Task inputs section start
-- ===== src/Examples/Bridges.antt =====
-- bin/client/src/bridge.rs on concrete requests.
use gozara.Base.{
  ℕ, ◌≡◌, ◌≢◌, refl, String, List, [], ◌∷◌, Option, some, Result, ok, err, arith, string_eq,
}
use gozara.Base.Text.{codes}
use gozara.Client.Messages.{Status, AdmittedBlob, pending, finalized, update_status, ToPipeline}
use gozara.Client.Bridge.{
  BridgeState, StatusCode, ok_200, created_201, bad_request_400, replied, panicked, bridge_new,
  send_admission, admission_drop, admission_new, get_status, handle_message, get_blob,
}
use gozara.Client.Bridge.Upload.{
  Frame, bytes, parse_digits, parse_usize, content_length, check_length, hash_chunk, fill, receive,
  receive_all, flush, assemble, reserve, abandon, settle, upload, new_blob,
}
use gozara.Client.Bridge.Upload.Rejected.{new_blob-rejected}
use gozara.Client.Bridge.Upload.Admitted.{IsAdmitted, new_blob-IsAdmitted}
use gozara.Client.Bridge.Upload.Succeeds.{new_blob-succeeds}
use gozara.Client.Bridge.StatusMap.{HasStatuses, get_status-handle_message, get_status-ne-panicked}
use gozara.Client.Bridge.GetBlob.{Answers, reply_of, get_blob-Answers}
use gozara.Examples.Instances.{toy_services}

-- Six bytes in two frames, so two chunks of four.
abbrev pub six_bytes : List Frame
six_bytes = bytes (1 ∷ 2 ∷ 3 ∷ 4 ∷ 5 ∷ []) ∷ bytes (6 ∷ []) ∷ []

abbrev pub six : Option (List ℕ)
six = some (codes "6")

abbrev empty_bridge : BridgeState ℕ (List ℕ)
empty_bridge = bridge_new

abbrev pub one_pending : BridgeState ℕ (List ℕ)
one_pending = record bridge_new {
  status_map = ("blob", record { at = 9; status = pending } ∷ []) ∷ [];
}

abbrev pub two_chunks : AdmittedBlob ℕ (List ℕ)
two_chunks = record {
  id = "blob";
  root_hash = 21;
  merkle_tree = 10 ∷ 11 ∷ [];
  chunks = (10, 1 ∷ 2 ∷ 3 ∷ 4 ∷ []) ∷ (11, 5 ∷ 6 ∷ []) ∷ [];
  allowance = 2;
}

abbrev pub after_upload : BridgeState ℕ (List ℕ)
after_upload = record one_pending {
  admission_budget = 1534;
  tx_admission = ToPipeline.new_blob two_chunks ∷ [];
}

pub uploaded :
    new_blob toy_services bridge_new "blob" six six_bytes 9
    ≡ (ok (created_201, "blob"), after_upload)
unfolding new_blob check_length content_length parse_usize parse_digits reserve admission_new upload
    settle receive_all receive fill hash_chunk flush assemble abandon send_admission admission_drop
    bridge_new
uploaded = refl

short_upload :
    new_blob toy_services bridge_new "blob" (some (codes "7")) six_bytes 9
    ≡ (err bad_request_400, bridge_new)
unfolding new_blob check_length content_length parse_usize parse_digits reserve admission_new upload
    settle receive_all receive fill hash_chunk flush assemble abandon send_admission admission_drop
    bridge_new
short_upload = refl

new_blob-IsAdmitted_example :
    IsAdmitted toy_services bridge_new after_upload "blob" six six_bytes 9 created_201 "blob"
new_blob-IsAdmitted_example =
    new_blob-IsAdmitted toy_services bridge_new after_upload "blob" six six_bytes 9 created_201
      "blob" (omega arith, (omega arith, tt)) uploaded

new_blob-rejected_example : empty_bridge ≡ bridge_new
new_blob-rejected_example =
    new_blob-rejected toy_services bridge_new empty_bridge "blob" (some (codes "7")) six_bytes 9
      bad_request_400 short_upload

new_blob-succeeds_example :
    (state' : BridgeState ℕ (List ℕ)) × (new_blob toy_services bridge_new "blob" six six_bytes 9
      ≡ (ok (created_201, "blob"), state'))
unfolding content_length parse_usize parse_digits bridge_new
new_blob-succeeds_example =
    new_blob-succeeds toy_services bridge_new "blob" "blob" six six_bytes 9 2 refl refl refl
      (omega arith, omega arith, refl, omega arith) (omega arith) refl
      (omega arith, (omega arith, tt)) (tt, (tt, tt)) (λ c. refl)

get_status-handle_message_example :
    get_status (handle_message one_pending 10 (update_status "blob" finalized)) "blob"
    ≡ replied ok_200 (some finalized)
get_status-handle_message_example = get_status-handle_message one_pending 10 "blob" "blob" finalized

get_status-ne-panicked_example : get_status one_pending "blob" ≢ panicked
get_status-ne-panicked_example = get_status-ne-panicked one_pending "blob" ((λ e. cc), tt)

get_blob-Answers_example :
    (status? : Option Status) × (r : Result StatusCode (StatusCode × String)
      × BridgeState ℕ (List ℕ))
    × (get_status one_pending "blob" ≡ reply_of status?)
    × (get_blob toy_services one_pending "blob" 10 ≡ some r)
    × Answers toy_services one_pending "blob" status? r
    × HasStatuses r.1.status_map
    × (r.1.admission_budget ≡ one_pending.admission_budget)
get_blob-Answers_example =
    get_blob-Answers toy_services one_pending "blob" "blob" 10 ((λ e. cc), tt) refl
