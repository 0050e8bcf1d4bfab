-- ===== src/Examples/Clients.antt =====
-- bin/client/src/lib.rs and main.rs: a client that is started, stopped, and one whose coordinator panics.
use gozara.Base.{◌≤◌, ◌≡◌, refl, length, List, [], ◌∷◌, true, false, some, err, ◌⊎◌, string_eq}
use gozara.Client.Config.{Config}
use gozara.Client.Supervision.{
  running, waiter, swarm, coordinator, server, messages, bridge, swarm_jh, coord_jh, bridge_jh,
  Poll, wakes, returns, Event, polled, signalled, panics, client_new, react_all, react, is_ready,
  poll, act, wait_for_shutdown_signal, shutdown_signal, end_now, result_of,
}
use gozara.Client.Supervision.Settles.{IsQuiet, HasReady}
use gozara.Client.Supervision.Quiet.{
  IsUp, HasStopped, AreReady, polls_of, quiet-Rests, polls-HasStopped,
}
use gozara.Client.Supervision.Outcome.{IsExplained, react_all-IsExplained}

-- A control-C, and the polls that follow it.
abbrev stopped_history : List Event
stopped_history =
    signalled (record { ctrl_c = true; sigterm = false; sigint = true; sighup = false })
    ∷ polled (wakes swarm)
    ∷ polled (wakes messages)
    ∷ polled (wakes coordinator)
    ∷ polled (returns swarm_jh)
    ∷ polled (wakes server)
    ∷ polled (wakes bridge)
    ∷ []

stopped_history-IsQuiet : IsQuiet (react_all client_new stopped_history)
unfolding react_all react client_new poll act is_ready wait_for_shutdown_signal shutdown_signal
    result_of
stopped_history-IsQuiet (wakes waiter) = refl
stopped_history-IsQuiet (wakes swarm) = refl
stopped_history-IsQuiet (wakes coordinator) = refl
stopped_history-IsQuiet (wakes server) = refl
stopped_history-IsQuiet (wakes messages) = refl
stopped_history-IsQuiet (wakes bridge) = refl
stopped_history-IsQuiet (returns swarm_jh) = refl
stopped_history-IsQuiet (returns coord_jh) = refl
stopped_history-IsQuiet (returns bridge_jh) = refl

quiet-Rests_example :
    IsUp (react_all client_new stopped_history) ⊎ HasStopped (react_all client_new stopped_history)
quiet-Rests_example = quiet-Rests stopped_history stopped_history-IsQuiet

-- The coordinator panics, and `run` sees it before any other task wakes.
abbrev panic_history : List Event
panic_history = panics coordinator ∷ polled (returns coord_jh) ∷ []

-- `run` has returned while the server still serves.
left_behind :
    ((react_all client_new panic_history).outcome ≡ some (err coord_jh))
    × ((react_all client_new panic_history).server_task ≡ running)
unfolding react_all react client_new poll act is_ready end_now result_of
left_behind = (refl, refl)

panic_history_down : ¬ IsUp (react_all client_new panic_history)
unfolding react_all react client_new poll act is_ready end_now result_of
panic_history_down up = absurd (cc (up.0))

-- The other tasks end, the last ones to be created first.
abbrev late_polls : List Poll
late_polls = wakes messages ∷ wakes server ∷ wakes bridge ∷ wakes swarm ∷ wakes waiter ∷ []

panic_history_settles : AreReady (react_all client_new panic_history) late_polls
unfolding react_all react client_new poll act is_ready end_now result_of
panic_history_settles = (refl, (refl, (refl, (refl, (refl, tt)))))

polls-HasStopped_example :
    (length late_polls ≤ 7)
    × (HasReady (react_all (react_all client_new panic_history) (polls_of late_polls))
        ⊎ HasStopped (react_all (react_all client_new panic_history) (polls_of late_polls)))
polls-HasStopped_example =
    polls-HasStopped panic_history late_polls panic_history_down panic_history_settles

react_all-IsExplained_example : IsExplained (react_all client_new panic_history)
react_all-IsExplained_example = react_all-IsExplained panic_history

abbrev pub home : Config
home = record {
  grpc_addr = "[::]:50051";
  key_file = some "./key.secret";
  bootnode_peer_id = "boot";
  bootnode_ip_addr = "9.9.9.9";
  bootnode_port = "20201";
  external_ip_addr = "8.8.8.8";
  external_port = "4001";
  zone = "ME";
}
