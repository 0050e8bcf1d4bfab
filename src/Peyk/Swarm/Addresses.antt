-- ===== src/Peyk/Swarm/Addresses.antt =====
-- crates/peyk/src/lib.rs: what the filter of addresses lets through.
use gozara.Base.{◌≡◌, ◌≤◌, ◌↔◌, ◌⊎◌, List, [], ◌∷◌, true, All, arith}
use gozara.Peyk.Swarm.{Protocol, ip4, ip6, dns, tcp, udp, quic_v1, passes, is_public}

-- The addresses of 10/8, 172.16/12, 192.168/16 and 127/8.
abbrev pub IsInner : Protocol → Type 0
IsInner (ip4 a b c d) =
    (a ≡ 10) ⊎ ((a ≡ 172) × (16 ≤ b) × (b ≤ 31)) ⊎ ((a ≡ 192) × (b ≡ 168)) ⊎ (a ≡ 127)
IsInner _ = ⊥

passes_iff : (p : Protocol) → (passes p ≡ true) ↔ (¬ IsInner p)
unfolding passes
passes_iff (ip4 a b c d) = ground arith
passes_iff (ip6 segments) = ground arith
passes_iff (dns name) = ground arith
passes_iff (tcp port) = ground arith
passes_iff (udp port) = ground arith
passes_iff quic_v1 = ground arith

-- The filter lets an address through if and only if none of its components is an IPv4 address of
-- 10/8, 172.16/12, 192.168/16 or 127/8.
pub is_public_iff :
    (address : List Protocol) → (is_public address ≡ true) ↔ All (λ p. ¬ IsInner p) address
unfolding is_public
is_public_iff [] = ground arith
is_public_iff (p ∷ rest) = ground (arith, passes_iff p, is_public_iff rest)
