-- ===== src/Peyk/Swarm/Requests.antt =====
-- crates/peyk/src/lib.rs: the requests that the swarm task sends.
use gozara.Base.{
  ℕ, ◌≡◌, refl, sym, ap, ◌∙◌, List, [], ◌∷◌, ◌++◌, map, Option, none, some, arith, append_assoc,
  append-nil, Option-cases, inl, inr,
}
use gozara.Peyk.Protocol.{
  Request, storage_permit, request_storage_permits, HandlerMessage, would_store, request,
}
use gozara.Peyk.Swarm.{
  Event, shutdown_requested, discover, rx_message, new_external_addr_of_peer, gossip,
  req_resp_request, req_resp_response, logged, taken, Swarm, try_send, send_unpolled, take_from,
  handle_swarm_message, new_external_addr, handle_gossip, round, process_swarm, Protocol,
}
use gozara.Peyk.Swarm.Channel.{state_of}

-- The requests that a history asks for, up to the event that ends the loop.
abbrev pub asked_in : List Event → List (ℕ × Request)
asked_in [] = []
asked_in (shutdown_requested ∷ rest) = []
asked_in (rx_message none ∷ rest) = []
asked_in (rx_message (some (request_storage_permits peers)) ∷ rest) =
    map (λ peer. (peer, storage_permit)) peers ++ asked_in rest
asked_in (_ ∷ rest) = asked_in rest

try_send-sent : (m : HandlerMessage) (s : Swarm) → (try_send m s).sent ≡ s.sent
unfolding try_send
try_send-sent m s = ground arith

take_from-sent : (l : List HandlerMessage) (s : Swarm) → (take_from l s).sent ≡ s.sent
unfolding take_from
take_from-sent [] s = refl
take_from-sent (m ∷ rest) s = refl

new_external_addr-sent :
    (peer_id : ℕ) (address : List Protocol) (s : Swarm)
    → (new_external_addr peer_id address s).sent ≡ s.sent
unfolding new_external_addr
new_external_addr-sent peer_id address s = ground arith

module _ (decode : List ℕ → Option ℕ) where
  handle_gossip-sent :
      (source : Option ℕ) (bytes : List ℕ) (s : Swarm)
      → (handle_gossip decode source bytes s).sent ≡ s.sent
  unfolding handle_gossip
  handle_gossip-sent none bytes s = refl
  handle_gossip-sent (some peer_id) bytes s = elim (Option-cases (decode bytes)) [
    | inl none' ↦ rw (none', handle_gossip) refl
    | inr (n, decoded) ↦ rw (decoded, handle_gossip) (try_send-sent (would_store peer_id) s)
  ]

  -- A history that begins with an event which sends nothing and after which the loop goes on.
  silent :
      (s s' : Swarm) (rest : List Event)
      → s'.sent ≡ s.sent
      → (state_of (process_swarm decode s' rest)).sent ≡ s'.sent ++ asked_in rest
      → (state_of (process_swarm decode s' rest)).sent ≡ s.sent ++ asked_in rest
  silent s s' rest same later = later ∙ ap (λ l. l ++ asked_in rest) same

  -- The requests that the swarm task has sent after a history are those from before and one
  -- for a storage permit to each peer of each message received until the loop ends, in their
  -- order.
  pub process_swarm-sent :
      (history : List Event) (s : Swarm)
      → (state_of (process_swarm decode s history)).sent ≡ s.sent ++ asked_in history
  unfolding process_swarm round handle_swarm_message send_unpolled
  process_swarm-sent [] s = sym (append-nil s.sent)
  process_swarm-sent (shutdown_requested ∷ rest) s = sym (append-nil s.sent)
  process_swarm-sent (rx_message none ∷ rest) s = sym (append-nil s.sent)
  process_swarm-sent (rx_message (some (request_storage_permits peers)) ∷ rest) s =
      process_swarm-sent rest (handle_swarm_message (request_storage_permits peers) s)
      ∙ append_assoc s.sent (map (λ peer. (peer, storage_permit)) peers) (asked_in rest)
  process_swarm-sent (discover peer ∷ rest) s = process_swarm-sent rest _
  process_swarm-sent (new_external_addr_of_peer peer_id address ∷ rest) s =
      silent s (new_external_addr peer_id address s) rest (new_external_addr-sent peer_id address s)
        (process_swarm-sent rest _)
  process_swarm-sent (gossip source bytes ∷ rest) s =
      silent s (handle_gossip decode source bytes s) rest (handle_gossip-sent source bytes s)
        (process_swarm-sent rest _)
  process_swarm-sent (req_resp_request peer_id request_id r channel ∷ rest) s =
      silent s (try_send (request peer_id request_id r channel) s) rest
        (try_send-sent (request peer_id request_id r channel) s) (process_swarm-sent rest _)
  process_swarm-sent (req_resp_response peer_id request_id r ∷ rest) s = process_swarm-sent rest s
  process_swarm-sent (logged ∷ rest) s = process_swarm-sent rest s
  process_swarm-sent (taken ∷ rest) s =
      silent s (take_from s.tx_handler s) rest (take_from-sent s.tx_handler s)
        (process_swarm-sent rest _)
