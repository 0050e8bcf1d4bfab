-- ===== src/Examples/Swarms.antt =====
-- crates/peyk/src/lib.rs on concrete histories.
use gozara.Base.{ℕ, ◌≡◌, ◌↔◌, refl, List, [], ◌∷◌, ◌++◌, true, false, Option, none, some, All}
use gozara.Peyk.Protocol.{
  storage_permit, request_storage_permits, would_store, issued_storage_permit,
}
use gozara.Peyk.Swarm.{
  ip4, ip6, tcp, udp, passes, is_public, Event, shutdown_requested, rx_message, gossip,
  req_resp_response, new_external_addr_of_peer, taken, try_send, send_unpolled, take_from,
  new_external_addr, handle_gossip, handle_swarm_message, round, process_swarm, swarm_new,
}
use gozara.Peyk.Swarm.Addresses.{IsInner, is_public_iff}
use gozara.Peyk.Swarm.Channel.{IsSound, state_of, process_swarm-new-IsSound}
use gozara.Peyk.Swarm.Requests.{process_swarm-sent}

-- `bincode::deserialize::<u8>` reads the first byte.
abbrev pub first_byte : List ℕ → Option ℕ
first_byte [] = none
first_byte (b ∷ bs) = some b

-- A storage provider speaks up, is asked for a permit, and grants one.
abbrev pub busy_history : List Event
busy_history =
    gossip (some 5) (1 ∷ [])
    ∷ rx_message (some (request_storage_permits (5 ∷ 6 ∷ [])))
    ∷ req_resp_response 5 0 (issued_storage_permit 60)
    ∷ new_external_addr_of_peer 5 (ip4 192 168 0 1 ∷ tcp 20201 ∷ [])
    ∷ taken
    ∷ shutdown_requested
    ∷ rx_message (some (request_storage_permits (7 ∷ [])))
    ∷ []

-- The hint is delivered, the permit is not.
pub only_the_hint :
    (state_of (process_swarm first_byte swarm_new busy_history)).delivered ≡ would_store 5 ∷ []
unfolding process_swarm round handle_gossip try_send send_unpolled handle_swarm_message
    new_external_addr is_public passes take_from swarm_new
only_the_hint = refl

private_address : is_public (ip4 172 20 0 1 ∷ tcp 1 ∷ []) ≡ false
unfolding is_public passes
private_address = refl

-- An address without an IPv4 component passes, the IPv6 loopback among them.
ip6_loopback_passes : is_public (ip6 (0 ∷ 0 ∷ 0 ∷ 0 ∷ 0 ∷ 0 ∷ 0 ∷ 1 ∷ []) ∷ tcp 1 ∷ []) ≡ true
unfolding is_public passes
ip6_loopback_passes = refl

process_swarm-new-IsSound_example :
    IsSound (state_of (process_swarm first_byte swarm_new busy_history))
process_swarm-new-IsSound_example = process_swarm-new-IsSound first_byte busy_history

process_swarm-sent_example :
    (state_of (process_swarm first_byte swarm_new busy_history)).sent
    ≡ swarm_new.sent ++ (5, storage_permit) ∷ (6, storage_permit) ∷ []
process_swarm-sent_example = process_swarm-sent first_byte busy_history swarm_new

is_public_iff_example :
    (is_public (ip4 8 8 8 8 ∷ udp 20201 ∷ []) ≡ true)
    ↔ All (λ p. ¬ IsInner p) (ip4 8 8 8 8 ∷ udp 20201 ∷ [])
is_public_iff_example = is_public_iff (ip4 8 8 8 8 ∷ udp 20201 ∷ [])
Task inputs section end
■ **Assignment**
Identify the lines of the entries containing the string "codes". Copy each such line.

■ **Exercise result**
use gozara.Base.Text.{codes}
six = some (codes "6")
    new_blob toy_services bridge_new "blob" (some (codes "7")) six_bytes 9
    new_blob-rejected toy_services bridge_new empty_bridge "blob" (some (codes "7")) six_bytes 9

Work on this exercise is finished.